#### Problem statement
Check every line of the data for the word "IsFollower", and copy those that have it.
++++ Material to process ++++
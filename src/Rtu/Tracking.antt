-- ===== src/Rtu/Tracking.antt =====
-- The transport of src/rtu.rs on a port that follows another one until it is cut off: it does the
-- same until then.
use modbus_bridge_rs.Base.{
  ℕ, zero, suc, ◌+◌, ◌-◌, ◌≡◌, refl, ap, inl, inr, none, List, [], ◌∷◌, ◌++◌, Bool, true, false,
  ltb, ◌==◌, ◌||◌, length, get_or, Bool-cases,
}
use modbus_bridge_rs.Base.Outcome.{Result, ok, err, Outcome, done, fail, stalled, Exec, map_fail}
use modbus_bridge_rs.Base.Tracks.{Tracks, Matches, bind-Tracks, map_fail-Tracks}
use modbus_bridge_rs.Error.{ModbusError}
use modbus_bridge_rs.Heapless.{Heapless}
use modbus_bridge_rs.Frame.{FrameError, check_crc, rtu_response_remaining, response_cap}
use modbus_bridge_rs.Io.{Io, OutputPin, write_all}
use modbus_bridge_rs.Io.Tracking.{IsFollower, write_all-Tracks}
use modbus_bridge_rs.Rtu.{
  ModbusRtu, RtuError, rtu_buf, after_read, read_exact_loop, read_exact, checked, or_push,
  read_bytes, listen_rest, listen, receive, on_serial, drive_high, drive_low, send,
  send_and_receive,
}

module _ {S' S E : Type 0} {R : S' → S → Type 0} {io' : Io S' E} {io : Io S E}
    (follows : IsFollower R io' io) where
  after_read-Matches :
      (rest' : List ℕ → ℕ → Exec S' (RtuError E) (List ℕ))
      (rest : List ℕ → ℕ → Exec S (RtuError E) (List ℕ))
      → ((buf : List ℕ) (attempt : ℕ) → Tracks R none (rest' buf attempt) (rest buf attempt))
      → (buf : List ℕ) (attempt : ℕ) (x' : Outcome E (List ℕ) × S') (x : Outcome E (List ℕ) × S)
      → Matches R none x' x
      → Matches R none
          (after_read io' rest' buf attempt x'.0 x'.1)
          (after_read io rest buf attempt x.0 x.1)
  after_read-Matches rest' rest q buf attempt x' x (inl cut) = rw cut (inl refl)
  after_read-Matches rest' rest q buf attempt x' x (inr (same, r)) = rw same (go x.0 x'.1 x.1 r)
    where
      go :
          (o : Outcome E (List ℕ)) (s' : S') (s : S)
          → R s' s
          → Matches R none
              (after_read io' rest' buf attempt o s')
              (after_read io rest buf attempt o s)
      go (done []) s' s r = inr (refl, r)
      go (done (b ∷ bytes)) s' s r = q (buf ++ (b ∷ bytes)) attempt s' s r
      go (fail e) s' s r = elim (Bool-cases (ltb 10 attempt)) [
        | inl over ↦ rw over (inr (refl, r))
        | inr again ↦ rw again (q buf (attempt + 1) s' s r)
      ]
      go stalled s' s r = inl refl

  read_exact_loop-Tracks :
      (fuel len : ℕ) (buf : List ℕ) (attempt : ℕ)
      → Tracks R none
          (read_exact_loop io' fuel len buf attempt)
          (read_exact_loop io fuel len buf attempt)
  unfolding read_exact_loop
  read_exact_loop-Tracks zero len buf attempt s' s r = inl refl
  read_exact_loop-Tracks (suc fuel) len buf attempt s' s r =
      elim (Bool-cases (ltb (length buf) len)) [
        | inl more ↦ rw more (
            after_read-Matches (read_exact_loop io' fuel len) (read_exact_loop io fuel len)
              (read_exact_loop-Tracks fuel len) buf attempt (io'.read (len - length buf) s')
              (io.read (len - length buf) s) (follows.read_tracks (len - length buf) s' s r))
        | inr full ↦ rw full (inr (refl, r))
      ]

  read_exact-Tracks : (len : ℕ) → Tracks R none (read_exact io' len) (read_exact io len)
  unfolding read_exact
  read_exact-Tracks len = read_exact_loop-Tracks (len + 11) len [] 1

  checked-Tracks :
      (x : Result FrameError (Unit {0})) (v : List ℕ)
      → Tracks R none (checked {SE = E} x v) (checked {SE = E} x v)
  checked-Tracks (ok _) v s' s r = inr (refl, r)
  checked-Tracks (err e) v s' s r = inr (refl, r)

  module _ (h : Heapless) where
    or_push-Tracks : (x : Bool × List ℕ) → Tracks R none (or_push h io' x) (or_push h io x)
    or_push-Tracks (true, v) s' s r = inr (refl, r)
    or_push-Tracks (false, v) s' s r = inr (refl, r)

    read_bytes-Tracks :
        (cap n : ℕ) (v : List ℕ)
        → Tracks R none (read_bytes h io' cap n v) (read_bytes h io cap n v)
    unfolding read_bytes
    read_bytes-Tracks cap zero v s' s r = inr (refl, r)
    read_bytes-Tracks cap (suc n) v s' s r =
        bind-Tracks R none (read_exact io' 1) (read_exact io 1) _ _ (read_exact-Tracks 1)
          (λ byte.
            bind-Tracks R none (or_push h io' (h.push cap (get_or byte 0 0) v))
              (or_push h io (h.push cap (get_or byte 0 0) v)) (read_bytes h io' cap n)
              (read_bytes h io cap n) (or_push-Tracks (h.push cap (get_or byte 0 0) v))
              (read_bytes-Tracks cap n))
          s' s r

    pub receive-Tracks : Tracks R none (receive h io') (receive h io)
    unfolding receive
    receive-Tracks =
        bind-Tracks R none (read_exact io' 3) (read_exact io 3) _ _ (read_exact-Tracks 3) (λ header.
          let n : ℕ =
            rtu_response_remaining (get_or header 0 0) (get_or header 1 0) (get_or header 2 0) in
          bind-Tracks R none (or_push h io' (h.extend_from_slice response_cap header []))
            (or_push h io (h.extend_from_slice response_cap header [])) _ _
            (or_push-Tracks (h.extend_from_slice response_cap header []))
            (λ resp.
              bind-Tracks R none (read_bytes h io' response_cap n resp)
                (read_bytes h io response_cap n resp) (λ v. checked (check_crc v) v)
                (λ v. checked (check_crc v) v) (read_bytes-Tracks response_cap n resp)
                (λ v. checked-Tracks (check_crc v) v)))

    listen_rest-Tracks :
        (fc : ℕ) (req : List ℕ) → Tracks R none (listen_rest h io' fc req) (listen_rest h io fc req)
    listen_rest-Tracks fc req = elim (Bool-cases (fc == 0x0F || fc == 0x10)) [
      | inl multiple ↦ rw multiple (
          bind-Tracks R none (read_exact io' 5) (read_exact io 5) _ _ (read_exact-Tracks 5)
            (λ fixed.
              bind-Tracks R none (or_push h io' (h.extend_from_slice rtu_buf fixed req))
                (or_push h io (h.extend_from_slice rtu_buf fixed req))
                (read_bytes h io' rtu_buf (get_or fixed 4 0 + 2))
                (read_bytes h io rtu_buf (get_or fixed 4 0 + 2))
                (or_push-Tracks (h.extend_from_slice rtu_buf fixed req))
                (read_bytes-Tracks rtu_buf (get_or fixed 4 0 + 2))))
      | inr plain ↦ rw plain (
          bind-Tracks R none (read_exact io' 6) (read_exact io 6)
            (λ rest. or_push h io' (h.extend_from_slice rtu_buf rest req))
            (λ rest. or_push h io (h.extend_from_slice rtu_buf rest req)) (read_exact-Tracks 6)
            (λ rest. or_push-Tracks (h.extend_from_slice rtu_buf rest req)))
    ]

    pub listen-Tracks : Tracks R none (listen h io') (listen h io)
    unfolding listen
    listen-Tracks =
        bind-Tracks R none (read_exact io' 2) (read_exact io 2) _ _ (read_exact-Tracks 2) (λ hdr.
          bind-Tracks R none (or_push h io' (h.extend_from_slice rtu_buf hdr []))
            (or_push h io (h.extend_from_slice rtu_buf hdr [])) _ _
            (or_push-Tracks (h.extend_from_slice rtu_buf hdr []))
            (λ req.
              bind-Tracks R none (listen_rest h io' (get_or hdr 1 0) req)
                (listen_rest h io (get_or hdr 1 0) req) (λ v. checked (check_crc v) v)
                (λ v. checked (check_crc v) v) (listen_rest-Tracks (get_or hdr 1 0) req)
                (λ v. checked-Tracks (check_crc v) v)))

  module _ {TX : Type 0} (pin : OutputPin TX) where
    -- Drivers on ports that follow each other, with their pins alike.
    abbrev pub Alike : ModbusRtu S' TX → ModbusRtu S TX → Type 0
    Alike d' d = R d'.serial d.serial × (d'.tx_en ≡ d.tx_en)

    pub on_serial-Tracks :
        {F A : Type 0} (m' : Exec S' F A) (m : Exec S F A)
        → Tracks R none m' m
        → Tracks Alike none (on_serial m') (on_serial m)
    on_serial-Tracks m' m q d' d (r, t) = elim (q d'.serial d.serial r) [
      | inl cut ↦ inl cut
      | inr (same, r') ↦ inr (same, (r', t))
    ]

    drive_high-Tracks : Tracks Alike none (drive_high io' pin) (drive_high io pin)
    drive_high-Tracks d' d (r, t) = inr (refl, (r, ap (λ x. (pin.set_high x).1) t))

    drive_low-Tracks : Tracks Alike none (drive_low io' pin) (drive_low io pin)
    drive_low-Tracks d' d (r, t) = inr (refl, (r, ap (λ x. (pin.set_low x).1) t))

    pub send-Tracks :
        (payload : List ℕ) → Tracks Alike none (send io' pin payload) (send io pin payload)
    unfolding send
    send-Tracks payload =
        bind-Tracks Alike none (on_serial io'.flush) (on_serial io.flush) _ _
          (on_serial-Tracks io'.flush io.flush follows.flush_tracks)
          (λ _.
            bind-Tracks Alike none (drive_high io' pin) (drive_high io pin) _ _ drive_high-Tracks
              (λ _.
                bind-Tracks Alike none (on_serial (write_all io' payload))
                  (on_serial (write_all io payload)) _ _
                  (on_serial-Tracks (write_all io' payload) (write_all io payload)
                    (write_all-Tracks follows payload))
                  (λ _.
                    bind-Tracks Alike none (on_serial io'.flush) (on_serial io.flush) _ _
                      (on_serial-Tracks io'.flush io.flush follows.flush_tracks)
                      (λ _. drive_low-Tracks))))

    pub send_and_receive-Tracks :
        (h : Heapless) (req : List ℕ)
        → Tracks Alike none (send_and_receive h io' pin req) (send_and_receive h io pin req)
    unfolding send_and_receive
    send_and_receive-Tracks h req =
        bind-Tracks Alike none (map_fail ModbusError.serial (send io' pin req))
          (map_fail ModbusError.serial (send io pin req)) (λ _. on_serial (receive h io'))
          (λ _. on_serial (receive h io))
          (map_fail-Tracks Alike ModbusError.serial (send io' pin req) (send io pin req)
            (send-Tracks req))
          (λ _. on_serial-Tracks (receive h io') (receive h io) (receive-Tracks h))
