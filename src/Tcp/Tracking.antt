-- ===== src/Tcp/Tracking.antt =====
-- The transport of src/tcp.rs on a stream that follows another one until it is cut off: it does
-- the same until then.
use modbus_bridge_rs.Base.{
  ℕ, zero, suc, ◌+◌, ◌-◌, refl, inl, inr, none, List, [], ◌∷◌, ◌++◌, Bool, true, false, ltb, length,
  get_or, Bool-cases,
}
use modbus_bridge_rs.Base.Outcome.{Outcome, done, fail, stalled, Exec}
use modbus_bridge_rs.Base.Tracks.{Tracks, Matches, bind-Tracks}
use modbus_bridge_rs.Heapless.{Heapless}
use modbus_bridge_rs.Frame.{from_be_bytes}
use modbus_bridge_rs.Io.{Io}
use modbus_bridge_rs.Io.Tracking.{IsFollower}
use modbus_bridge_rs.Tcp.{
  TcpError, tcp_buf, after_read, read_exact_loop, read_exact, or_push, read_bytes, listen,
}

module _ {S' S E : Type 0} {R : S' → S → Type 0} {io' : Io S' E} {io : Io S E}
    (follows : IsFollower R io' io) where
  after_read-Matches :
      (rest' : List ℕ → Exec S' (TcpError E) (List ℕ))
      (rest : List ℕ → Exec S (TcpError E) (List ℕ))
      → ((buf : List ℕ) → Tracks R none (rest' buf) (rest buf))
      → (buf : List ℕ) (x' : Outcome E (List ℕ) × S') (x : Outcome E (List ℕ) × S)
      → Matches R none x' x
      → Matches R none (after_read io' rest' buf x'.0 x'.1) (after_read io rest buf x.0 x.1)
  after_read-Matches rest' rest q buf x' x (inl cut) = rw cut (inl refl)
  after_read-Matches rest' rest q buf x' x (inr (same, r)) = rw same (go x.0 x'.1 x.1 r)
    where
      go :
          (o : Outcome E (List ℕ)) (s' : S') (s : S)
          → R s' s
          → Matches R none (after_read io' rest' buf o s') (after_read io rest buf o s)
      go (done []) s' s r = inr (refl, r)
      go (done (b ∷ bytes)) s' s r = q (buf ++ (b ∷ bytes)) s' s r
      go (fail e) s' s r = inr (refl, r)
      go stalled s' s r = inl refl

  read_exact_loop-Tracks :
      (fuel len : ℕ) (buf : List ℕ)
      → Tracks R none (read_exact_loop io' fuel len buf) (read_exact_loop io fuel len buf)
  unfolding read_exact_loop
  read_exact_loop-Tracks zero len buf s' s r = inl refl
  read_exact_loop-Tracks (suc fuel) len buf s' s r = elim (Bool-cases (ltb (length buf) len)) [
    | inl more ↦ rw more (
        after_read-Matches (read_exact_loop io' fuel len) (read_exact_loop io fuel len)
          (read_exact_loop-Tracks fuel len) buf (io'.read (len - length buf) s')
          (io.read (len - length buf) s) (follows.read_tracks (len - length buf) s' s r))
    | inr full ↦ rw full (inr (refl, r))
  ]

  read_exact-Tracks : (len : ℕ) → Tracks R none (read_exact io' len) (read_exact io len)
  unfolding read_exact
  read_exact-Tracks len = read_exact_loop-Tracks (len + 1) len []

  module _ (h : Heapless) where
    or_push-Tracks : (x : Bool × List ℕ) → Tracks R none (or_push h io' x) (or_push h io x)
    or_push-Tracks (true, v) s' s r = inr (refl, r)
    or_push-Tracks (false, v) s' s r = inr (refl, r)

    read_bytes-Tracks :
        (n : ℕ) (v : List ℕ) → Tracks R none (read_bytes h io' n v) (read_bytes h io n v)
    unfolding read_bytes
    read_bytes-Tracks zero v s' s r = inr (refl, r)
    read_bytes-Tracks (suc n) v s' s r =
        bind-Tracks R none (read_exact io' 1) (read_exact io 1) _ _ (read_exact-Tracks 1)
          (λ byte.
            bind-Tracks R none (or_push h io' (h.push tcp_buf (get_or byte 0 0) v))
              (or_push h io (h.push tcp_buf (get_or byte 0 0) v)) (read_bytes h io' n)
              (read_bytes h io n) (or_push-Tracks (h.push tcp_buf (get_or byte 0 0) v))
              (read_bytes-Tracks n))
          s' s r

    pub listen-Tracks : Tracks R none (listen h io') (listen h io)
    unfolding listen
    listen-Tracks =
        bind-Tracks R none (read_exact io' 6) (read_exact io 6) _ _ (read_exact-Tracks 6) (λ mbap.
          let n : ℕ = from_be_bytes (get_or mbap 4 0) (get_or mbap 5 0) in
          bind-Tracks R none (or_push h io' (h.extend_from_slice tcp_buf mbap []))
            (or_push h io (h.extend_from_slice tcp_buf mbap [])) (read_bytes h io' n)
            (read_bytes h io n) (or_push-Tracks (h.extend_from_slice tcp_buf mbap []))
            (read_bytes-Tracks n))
++++
#### Written reply
use modbus_bridge_rs.Io.Tracking.{IsFollower, write_all-Tracks}
    (follows : IsFollower R io' io) where
use modbus_bridge_rs.Io.Tracking.{IsFollower}
    (follows : IsFollower R io' io) where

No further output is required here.